Andreas Georgson

Personal information
- Full name: Karl Eric Andreas Georgson
- Date of birth: 21 February 1982 (age 44)
- Place of birth: Lomma, Sweden
- Position: Centre-back

Team information
- Current team: Tottenham Hotspur (assistant head coach) Sweden (assistant head coach)

Youth career
- GIF Nike

Senior career*
- Years: Team / Apps / (Gls)
- GIF Nike
- Rosengård

Managerial career
- 2022: Malmö (caretaker)
- 2023–2024: Lillestrøm

= Andreas Georgson =

Swedish football coach and former player and executive (born 1982)
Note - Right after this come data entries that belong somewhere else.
-- ===== src/Bufcache/Io.antt =====
-- Do_Buffer_IO and Sync_Buffer: what a transfer does to the device and to the buffer.
use geekos.Base.{
  ◌==◌, if◌then◌else◌, ==-self, Bool-cases, length, ℕ, suc, ◌+◌, ◌*◌, ◌≤◌, ◌<◌, ◌≡◌, refl, sym, ap,
  ◌∙◌, ◌⊎◌, inl, inr, true, false, List, [], ◌∷◌, arith,
}
use geekos.Base.Bits.{has}
use geekos.Base.Reasons.{done, ◌>>=◌}
use geekos.Errno.{Rc, ok, is_ok, Rc-cases}
use geekos.Bufcache.{
  Device, Buffer, Cache, write_sector, block_read, block_write, io_loop, do_buffer_io, num_rounds,
  check_rounds, sync_buffer, dirty, clear_flag, first_sector, sector_size,
  get_num_sectors_per_fs_block,
}

-- The sectors from `n` on hold `xs`.
abbrev pub OnDisk : (ℕ → ℕ) → ℕ → List ℕ → Type 0
OnDisk f n [] = Unit
OnDisk f n (x ∷ xs) = (f n ≡ x) × OnDisk f (n + 1) xs

pub OnDisk-ext :
    (f g : ℕ → ℕ) (n : ℕ) (xs : List ℕ)
    → ((m : ℕ) → n ≤ m → m < n + length xs → g m ≡ f m)
    → OnDisk f n xs
    → OnDisk g n xs
OnDisk-ext f g n [] same h = tt
OnDisk-ext f g n (x ∷ xs) same (e, h) = (
  same n (omega arith) (omega arith) ∙ e,
  OnDisk-ext f g (n + 1) xs (λ m lo hi. same m (omega arith) (omega arith)) h,
)

-- The transfer of all the sectors of a sequence.
abbrev pub transfer :
    (Device → ℕ → ℕ → Rc × Device × ℕ) → Device → ℕ → List ℕ → Rc × Device × List ℕ
transfer io dev n [] = (ok, dev, [])
transfer io dev n (x ∷ xs) =
    let (rc, dev', x') = io dev n x in
    let (rc', dev'', xs') = transfer io dev' (n + 1) xs in
    if is_ok rc then (rc', dev'', x' ∷ xs') else (rc, dev', x' ∷ xs)

io_loop-transfer :
    (io : Device → ℕ → ℕ → Rc × Device × ℕ) (dev : Device) (n : ℕ) (xs : List ℕ)
    → io_loop io (length xs) dev n xs ≡ done (transfer io dev n xs)
unfolding io_loop
io_loop-transfer io dev n [] = refl
io_loop-transfer io dev n (x ∷ xs) = elim (Bool-cases (is_ok (io dev n x).0)) [
  | inl e ↦ rw (e, io_loop-transfer io (io dev n x).1 (n + 1) xs) refl
  | inr e ↦ rw e refl
]

-- The block size is a multiple of the sector size.
abbrev pub IsAligned : Cache → Type 0
IsAligned c = get_num_sectors_per_fs_block c * sector_size ≡ c.fs_block_size

-- The transfer of Do_Buffer_IO.
abbrev pub block_transfer :
    (Device → ℕ → ℕ → Rc × Device × ℕ) → Cache → Buffer → Rc × Device × List ℕ
block_transfer io c b =
    transfer io c.dev (first_sector (get_num_sectors_per_fs_block c) b.block_num) b.contents

-- With a block size that is a multiple of the sector size, and a buffer of one block, Do_Buffer_IO fails no
-- assertion and transfers the block.
pub do_buffer_io-done :
    (io : Device → ℕ → ℕ → Rc × Device × ℕ) (c : Cache) (b : Buffer)
    → IsAligned c
    → length b.contents ≡ get_num_sectors_per_fs_block c
    → do_buffer_io io c b ≡ done (block_transfer io c b)
unfolding do_buffer_io
do_buffer_io-done io c b aligned size =
    let rounds : num_rounds c.fs_block_size ≡ get_num_sectors_per_fs_block c =
      omega (arith, aligned) in
    let count : num_rounds c.fs_block_size ≡ length b.contents = rounds ∙ sym size in
    let s = first_sector (get_num_sectors_per_fs_block c) b.block_num in
    let whole : (num_rounds c.fs_block_size * sector_size == c.fs_block_size) ≡ true =
      ground (arith, rounds, aligned) in
    let equal : (num_rounds c.fs_block_size == get_num_sectors_per_fs_block c) ≡ true =
      ground (arith, rounds) in
    ap (λ k. io_loop io k c.dev s b.contents >>= check_rounds c) count
    ∙ ap (λ m. m >>= check_rounds c) (io_loop-transfer io c.dev s b.contents)
    ∙ elim (Bool-cases (is_ok (block_transfer io c b).0)) [
      | inl e ↦ rw (e, whole, equal) refl
      | inr e ↦ rw e refl
    ]

-- What a read that starts at `n` leaves: the device as it was, as many sectors, after success what the
-- device holds, and after a failure the code of one of the sectors.
pub record Reads (dev : Device) (n : ℕ) (xs : List ℕ) (r : Rc × Device × List ℕ) : Type 0 where
  pub device : r.1 ≡ dev
  pub size : length r.2 ≡ length xs
  pub fetched : is_ok r.0 ≡ true → OnDisk dev.sectors n r.2
  pub refused : is_ok r.0 ≡ false → (i : ℕ) × (i < length xs) × (r.0 ≡ dev.status (n + i))

pub read-Reads :
    (dev : Device) (n : ℕ) (xs : List ℕ) → Reads dev n xs (transfer block_read dev n xs)
unfolding block_read
read-Reads dev n [] = record {
  device = refl;
  size = refl;
  fetched = λ h. tt;
  refused = λ h. absurd cc;
}
read-Reads dev n (x ∷ xs) = elim (Rc-cases (dev.status n)) [
  | inl e ↦
      let ih = read-Reads dev (n + 1) xs in
      rw e (record {
        device = ih.device;
        size = ap suc ih.size;
        fetched = λ h. (refl, ih.fetched h);
        refused = λ h.
            let (i, lt, code) = ih.refused h in
            (i + 1, omega (arith, lt), code ∙ ap dev.status (omega arith));
      })
  | inr e ↦
      rw (e, e)
        (record {
          device = refl;
          size = refl;
          fetched = λ h. cc;
          refused = λ h. (0, omega arith, ap dev.status (omega arith));
        })
]

-- What a write leaves: the buffer as it was, the sectors outside the block as they were, and after
-- success the buffer on the device.
pub record Writes (dev : Device) (n : ℕ) (xs : List ℕ) (r : Rc × Device × List ℕ) : Type 0 where
  pub status : r.1.status ≡ dev.status
  pub outside : (m : ℕ) → (m < n) ⊎ (n + length xs ≤ m) → r.1.sectors m ≡ dev.sectors m
  pub stored : is_ok r.0 ≡ true → OnDisk r.1.sectors n xs

pub write-Writes :
    (dev : Device) (n : ℕ) (xs : List ℕ) → Writes dev n xs (transfer block_write dev n xs)
unfolding block_write
write-Writes dev n [] = record { status = refl; outside = λ m h. refl; stored = λ h. tt }
write-Writes dev n (x ∷ xs) = elim (Rc-cases (dev.status n)) [
  | inl e ↦
      let dev' : Device = record dev { sectors = write_sector dev.sectors n x } in
      let ih = write-Writes dev' (n + 1) xs in
      rw e (record {
        status = ih.status;
        outside = λ m h. ih.outside m (beyond m h) ∙ other m h;
        stored = λ h. (ih.outside n (inl (omega arith)) ∙ rw (==-self n), ih.stored h);
      })
  | inr e ↦ rw (e, e) (record { status = refl; outside = λ m h. refl; stored = λ h. cc })
]
  where
    beyond : (m : ℕ) → (m < n) ⊎ (n + suc (length xs) ≤ m) → (m < n + 1) ⊎ (n + 1 + length xs ≤ m)
    beyond m (inl h) = inl (omega arith)
    beyond m (inr h) = inr (omega arith)

    other :
        (m : ℕ)
        → (m < n) ⊎ (n + suc (length xs) ≤ m)
        → write_sector dev.sectors n x m ≡ dev.sectors m
    other m h = ground arith

-- What Sync_Buffer returns where it fails no assertion.
unfoldable pub synced : Cache → Buffer → Rc × Device × Buffer
synced c b =
    let (rc, dev', xs) = block_transfer block_write c b in
    if has b.flags dirty
    then (if is_ok rc
        then (ok, dev', record b { flags = clear_flag b.flags dirty })
        else (rc, dev', b))
    else (ok, c.dev, b)

pub sync_buffer-done :
    (c : Cache) (b : Buffer)
    → IsAligned c
    → length b.contents ≡ get_num_sectors_per_fs_block c
    → sync_buffer c b ≡ done (synced c b)
unfolding sync_buffer synced
sync_buffer-done c b aligned size = elim (Bool-cases (has b.flags dirty)) [
  | inl d ↦ rw (d, do_buffer_io-done block_write c b aligned size) refl
  | inr d ↦ rw d refl
]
Karl Eric Andreas Georgson (born 21 February 1982) is a Swedish professional football coach and former executive and player. He is assistant coach of Premier League club Tottenham Hotspur and assistant head coach of the Sweden national team.

== Playing career ==
Born in Lomma, Skåne, Georgson started his career at hometown club GIF Nike, playing for the youth team before captaining the first-team. He also played for Rosengård and worked in the Malmö academy during his playing career.

== Coaching career ==
=== Malmö ===
Georgson began his coaching career at Malmö in 2006 and went on to hold various roles including head of youth scouting, head of methodology in the academy, under-17 head coach; he was the assistant head coach from 2018 to 2019. Following Uwe Rösler's suspension, Georgson stood in as Malmö manager in a 4–0 win against Örebro in November 2018.

=== Brentford ===
Georgson joined Brentford as the Head of Set Pieces and Individual Developments in November 2019 under head coach Thomas Frank. Georgson was noted for playing a pivotal role in Brentford's set piece efficiency, using a data-driven model for improvement.

=== Arsenal ===
After less than a year at Brentford, Georgson moved to Arsenal in August 2020 under head coach Mikel Arteta, working alongside assistant coaches Albert Stuivenberg, Steve Round, Carlos Cuesta and Miguel Molina, and goalkeeping coach Iñaki Caña. He left the club in the summer of 2021, and was replaced by set piece coach Nicolas Jover.

===Return to Malmö===
Georgson was the caretaker manager of Malmö from July to September 2022, and later served as the sporting director before leaving the club in August 2023.

=== Southampton ===
Georgson became a set piece coach at Southampton under manager Russell Martin in August 2023. He left the club in December 2023.

=== Lillestrøm ===
Georgson became head coach of Lillestrøm in January 2024, signing a three-year contract and succeeding caretaker manager Eirik Bakke.

=== Manchester United ===
Georgson became a set piece coach at Manchester United in July 2024.

=== Tottenham Hotspur ===
On 12 June 2025, it was announced that Georgson had joined Tottenham Hotspur as assistant coach, following the appointment of former Brentford head coach Thomas Frank.

==Executive career==
=== Malmö ===
In 2021, Georgson left Arsenal to rejoin Malmö, where he became the club's sporting manager under sporting director Daniel Andersson. His role included management, strategy, development, player and leader recruitment and analysis. He became sporting director following Andersson's departure in January 2022.